### [PROBLEM DESCRIPTION]
Give again, word for word, every line below from the one that has "unfolding is_full fill_from" through the one that has "unfolding null_fill_missing", both included, and no others.

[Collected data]
____

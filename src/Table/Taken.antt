-- ===== src/Table/Taken.antt =====
-- `take_column` of engine/table_builder.rs: the columns that stay keep their names.
use rypipe.Prelude.{
  ℕ, true, false, ◌+◌, ◌-◌, ◌≡◌, ◌≢◌, ◌<◌, refl, sym, ap, ◌∙◌, Option, none, some, List, Str,
  str_eq, str_eq_refl, lookup, length, get_elem?, ◌==◌, ==_iff, if◌then◌else◌, Bool-cases,
  Option-cases, inl, inr, arith,
}
use rypipe.Builder.{ColumnBuilder}
use rypipe.Table.{TableBuilder}
use rypipe.Table.Take.{remove_name, swap_remove, repointed, without_column, take_column}
use rypipe.Table.Swap.{length-swap_remove, get_elem?-swap_remove}
use rypipe.Table.Index.{
  Distinct, Distinct-remove_name, Distinct-repointed, lookup-remove_name, lookup-repointed,
}

-- The column that has a name.
unfoldable pub column_of : TableBuilder → Str → Option ColumnBuilder
unfolding lookup
column_of t name = elim (lookup name t.field_index) [ none ↦ none | some i ↦ get_elem? t.columns i ]

pub column_of-at :
    (t : TableBuilder) (name : Str) (i : ℕ)
    → lookup name t.field_index ≡ some i
    → column_of t name ≡ get_elem? t.columns i
unfolding column_of
column_of-at t name i h = rw (h, column_of) refl

pub column_of-none :
    (t : TableBuilder) (name : Str) → lookup name t.field_index ≡ none → column_of t name ≡ none
unfolding column_of
column_of-none t name h = rw (h, column_of) refl

-- The index has every name once, and gives the names different columns of the table.
pub record IsIndexed (t : TableBuilder) : Type 0 where
  pub distinct : Distinct t.field_index
  pub slots : (name : Str) (i : ℕ) → lookup name t.field_index ≡ some i → i < length t.columns
  pub one :
      (a b : Str) (i : ℕ)
      → lookup a t.field_index ≡ some i
      → lookup b t.field_index ≡ some i
      → a ≡ b

module _ (t : TableBuilder) (s : IsIndexed t) (name : Str) (idx : ℕ)
    (at : lookup name t.field_index ≡ some idx) where
  abbrev last : ℕ
  last = length t.columns - 1

  abbrev others : List (Str × ℕ)
  others = remove_name t.field_index name

  -- Where the index without the name has another one, it is not at the column that is taken.
  kept_at :
      (other : Str) (i : ℕ)
      → lookup other others ≡ some i
      → (lookup other t.field_index ≡ some i) × (i ≢ idx)
  kept_at other i h = elim (Bool-cases (str_eq name other)) [
    | inl mine ↦
        let impossible : none ≡ some i =
          rw (lookup-remove_name t.field_index name other, mine) at h in
        cc
    | inr apart ↦
        let there : lookup other t.field_index ≡ some i =
          rw (lookup-remove_name t.field_index name other, apart) at h in
        (
          there,
          λ same.
              let mine : name ≡ other = s.one name other idx at (there ∙ ap some same) in
              let itself : str_eq name other ≡ true = rw (← mine) (str_eq_refl name) in
              let impossible : false ≡ true = sym apart ∙ itself in cc,
        )
  ]

  others_one : (a b : Str) (i : ℕ) → lookup a others ≡ some i → lookup b others ≡ some i → a ≡ b
  others_one a b i h g = s.one a b i (kept_at a i h).0 (kept_at b i g).0

  others_distinct : Distinct others
  others_distinct = Distinct-remove_name t.field_index name s.distinct

  -- Where the new index has a name, and where the old one had it.
  came_from :
      (other : Str) (j : ℕ)
      → lookup other (repointed others idx last) ≡ some j
      → (i : ℕ) × (lookup other others ≡ some i) × ((if i == last then idx else i) ≡ j)
  came_from other j h = elim (Option-cases (lookup other others)) [
    | inl gone ↦
        let impossible : none ≡ some j =
          rw (lookup-repointed others idx last other others_distinct others_one, gone) at h in
        cc
    | inr (i, there) ↦
        let same : some (if i == last then idx else i) ≡ some j =
          rw (lookup-repointed others idx last other others_distinct others_one, there) at h in
        (i, there, cc)
  ]

  idx_in : idx < length t.columns
  idx_in = s.slots name idx at

  size : length t.columns ≡ last + 1
  size = omega (arith, idx_in)

  length-without_column : length (without_column t name idx).columns + 1 ≡ length t.columns
  unfolding without_column
  length-without_column = omega (arith, size, length-swap_remove t.columns idx last size)

  without_column-IsIndexed : IsIndexed (without_column t name idx)
  unfolding without_column
  without_column-IsIndexed = record {
    distinct = Distinct-repointed others idx last others_distinct;
    slots = λ other j h.
        let (i, there, same) = came_from other j h in
        let (was, apart) = kept_at other i there in
        ground (
          arith,
          same,
          apart,
          s.slots other i was,
          size,
          idx_in,
          length-swap_remove t.columns idx last size,
        );
    one = λ a b j h g.
        let (i, there, same) = came_from a j h in
        let (k, there', same') = came_from b j g in
        let equal : i ≡ k =
          ground (arith, same, same', (kept_at a i there).1, (kept_at b k there').1) in
        others_one a b k (there ∙ ap some equal) there';
  }

  moved_column :
      (i : ℕ)
      → i < length t.columns
      → i ≢ idx
      → get_elem? (swap_remove t.columns idx last) (if i == last then idx else i)
        ≡ get_elem? t.columns i
  moved_column i within apart = elim (Bool-cases (i == last)) [
    | inl moved ↦
        let same : i ≡ last = (==_iff i last).0 moved in
        let mine : (idx == idx) ≡ true = ground arith in
        rw moved (
          get_elem?-swap_remove t.columns idx last idx size (omega (arith, size, idx_in))
            (ground (arith, same, apart, size, idx_in))
          ∙ rw mine (ap (get_elem? t.columns) (sym same)))
    | inr stays ↦
        let other : (idx == i) ≡ false = ground (arith, apart) in
        rw stays (
          get_elem?-swap_remove t.columns idx last i size (omega (arith, size, idx_in))
            (ground (arith, stays, within, size))
          ∙ rw other refl)
  ]

  column_of-without_column :
      (other : Str)
      → column_of (without_column t name idx) other
        ≡ (if str_eq name other then none else column_of t other)
  unfolding without_column
  column_of-without_column other =
      let step = lookup-repointed others idx last other others_distinct others_one in
      elim (Option-cases (lookup other others)) [
        | inl gone ↦
            column_of-none (without_column t name idx) other (step ∙ rw gone refl)
            ∙ sym (elim (Bool-cases (str_eq name other)) [
              | inl mine ↦ rw mine refl
              | inr apart ↦ rw apart (
                  column_of-none t other
                    (sym (lookup-remove_name t.field_index name other ∙ rw apart refl) ∙ gone))
            ])
        | inr (i, there) ↦
            let (was, apart) = kept_at other i there in
            column_of-at (without_column t name idx) other (if i == last then idx else i)
              (step ∙ rw there refl)
            ∙ moved_column i (s.slots other i was) apart
            ∙ sym (elim (Bool-cases (str_eq name other)) [
              | inl mine ↦
                  let impossible : none ≡ some i =
                    rw (lookup-remove_name t.field_index name other, mine) at there in
                  cc
              | inr differs ↦ rw differs (column_of-at t other i was)
            ])
      ]

-- For a table whose index gives different names different columns, and a name with a column,
-- `take_column` gives this column, and leaves a table with one column less and such an index, in
-- which that name has no column and every other name has the column that it had.
pub take_column-column_of :
    (t : TableBuilder) (name : Str) (c : ColumnBuilder)
    → IsIndexed t
    → column_of t name ≡ some c
    → (rest : TableBuilder) × (take_column t name ≡ some (c, rest))
      × IsIndexed rest
      × (length rest.columns + 1 ≡ length t.columns)
      × (rest.row_count ≡ t.row_count)
      × ((other : Str)
          → column_of rest other ≡ (if str_eq name other then none else column_of t other))
unfolding take_column without_column
take_column-column_of t name c s h = elim (Option-cases (lookup name t.field_index)) [
  | inl gone ↦ let impossible : none ≡ some c = sym (column_of-none t name gone) ∙ h in cc
  | inr (idx, at) ↦
      let there : get_elem? t.columns idx ≡ some c = sym (column_of-at t name idx at) ∙ h in
      (
        without_column t name idx,
        rw (at, there, take_column) refl,
        without_column-IsIndexed t s name idx at,
        length-without_column t s name idx at,
        refl,
        column_of-without_column t s name idx at,
      )
]
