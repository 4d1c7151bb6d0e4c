-- ===== src/Table/Rows.antt =====
-- `TableBuilder` of engine/table_builder.rs: the end of a row, partial rows, and the split of a
-- table. `kept` is the verdict that `filter.check` gives on the row, true if there is no filter.
use rypipe.Prelude.{
  ℕ, zero, suc, Bool, true, false, ◌+◌, ◌-◌, ◌*◌, ◌/◌, ◌%◌, ◌&&◌, List, [], ◌∷◌, Option, none, some,
  length, get_or, ltb, ◌==◌, if◌then◌else◌, map, div_ceil,
}
use rypipe.Value.{Host}
use rypipe.Builder.{ColumnBuilder, push_str}
use rypipe.Builder.Read.{len, pop}
use rypipe.Builder.Read
use rypipe.Table.{TableBuilder, is_dirty}

-- `(1 << n) - 1`, which is `u64::MAX` for 64.
unfoldable pub ones : ℕ → ℕ
ones zero = 0
ones (suc n) = 2 * ones n + 1

-- `(0..n).all(|w| row_dirty[w] == u64::MAX)`
unfoldable pub all_max : List ℕ → ℕ → Bool
unfolding ones
all_max dirty zero = true
all_max dirty (suc n) = let rest = all_max dirty n in rest && get_or dirty n 0 == ones 64

unfoldable pub is_full : List ℕ → ℕ → Bool
unfolding all_max
is_full dirty ncols =
    let full_words = ncols / 64 in
    let rem_bits = ncols % 64 in
    let last = get_or dirty full_words 0 == ones rem_bits in
    all_max dirty full_words && (if rem_bits == 0 then true else last)

-- `row_dirty.fill(0)`, and `vec![0; n]`
abbrev pub cleared : List ℕ → List ℕ
cleared dirty = map (λ w. 0) dirty

unfoldable pub no_bits : ℕ → List ℕ
no_bits zero = []
no_bits (suc n) = 0 ∷ no_bits n

-- `while b.len() > row_count { b.pop() }`, with fuel for the rows of the column.
unfoldable pub truncate : ℕ → ColumnBuilder → ℕ → ColumnBuilder
unfolding len pop
truncate zero b row_count = b
truncate (suc fuel) b row_count =
    let rest = truncate fuel (pop b) row_count in if ltb row_count (len b) then rest else b

unfoldable pub normalize : TableBuilder → TableBuilder
unfolding truncate
normalize t = record t {
  columns = map (λ b. truncate (len b) b t.row_count) t.columns;
  row_dirty = cleared t.row_dirty;
}

unfoldable pub split_columns : List ColumnBuilder → ℕ → List ColumnBuilder × List ColumnBuilder
unfolding Read.split_off
split_columns [] n = ([], [])
split_columns (c ∷ cs) n =
    let (a, b) = Read.split_off c n in
    let (firsts, rests) = split_columns cs n in (a ∷ firsts, b ∷ rests)

-- The first `n` rows, and what is left.
unfoldable pub parts_at : TableBuilder → ℕ → TableBuilder × TableBuilder
unfolding split_columns no_bits
parts_at t n =
    let (drained, rest) = split_columns t.columns n in
    let words = no_bits (div_ceil (length t.columns) 64) in
    (
      record t {
        columns = drained;
        row_count = n;
        row_dirty = words;
        unknown_error = false;
        strict_error = none;
        direct = false;
        ordinal_expect = [];
        current_ordinal = 0;
      },
      record t {
        columns = rest;
        row_count = t.row_count - n;
        row_dirty = words;
        rows_accepted = 0;
        rows_rejected = 0;
      },
    )

-- The source asserts that the table has `n` rows, and that `n` is not 0. Where an assertion fails it
-- panics, which is nothing here.
unfoldable pub split_off : TableBuilder → ℕ → Option (TableBuilder × TableBuilder)
unfolding parts_at
split_off t n = if ltb t.row_count n then none else if n == 0 then none else some (parts_at t n)

module _ (H : Host) where
  -- A null for each column from `i` on without a value.
  unfoldable pub fill_from : List ℕ → ℕ → List ColumnBuilder → List ColumnBuilder
  unfolding is_dirty push_str
  fill_from dirty i [] = []
  fill_from dirty i (b ∷ bs) =
      (if is_dirty dirty i then b else push_str H b none) ∷ fill_from dirty (i + 1) bs

  -- `null_fill_missing`, and the first half of `finish_row`.
  unfoldable pub null_fill_missing : TableBuilder → TableBuilder
  unfolding is_full fill_from
  null_fill_missing t = record t {
    columns =
        if is_full t.row_dirty (length t.columns)
        then t.columns
        else fill_from t.row_dirty 0 t.columns;
    row_dirty = cleared t.row_dirty;
  }

  unfoldable pub finish_row : TableBuilder → (kept : Bool) → TableBuilder
  unfolding null_fill_missing
  finish_row t kept =
      let filled = null_fill_missing t in
      if kept
      then record filled {
        row_count = filled.row_count + 1;
        rows_accepted = filled.rows_accepted + 1;
      }
      else record filled {
        columns = map pop filled.columns;
        rows_rejected = filled.rows_rejected + 1;
      }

____

### [ANSWER]
  unfolding is_full fill_from
  null_fill_missing t = record t {
    columns =
        if is_full t.row_dirty (length t.columns)
        then t.columns
        else fill_from t.row_dirty 0 t.columns;
    row_dirty = cleared t.row_dirty;
  }

  unfoldable pub finish_row : TableBuilder → (kept : Bool) → TableBuilder
  unfolding null_fill_missing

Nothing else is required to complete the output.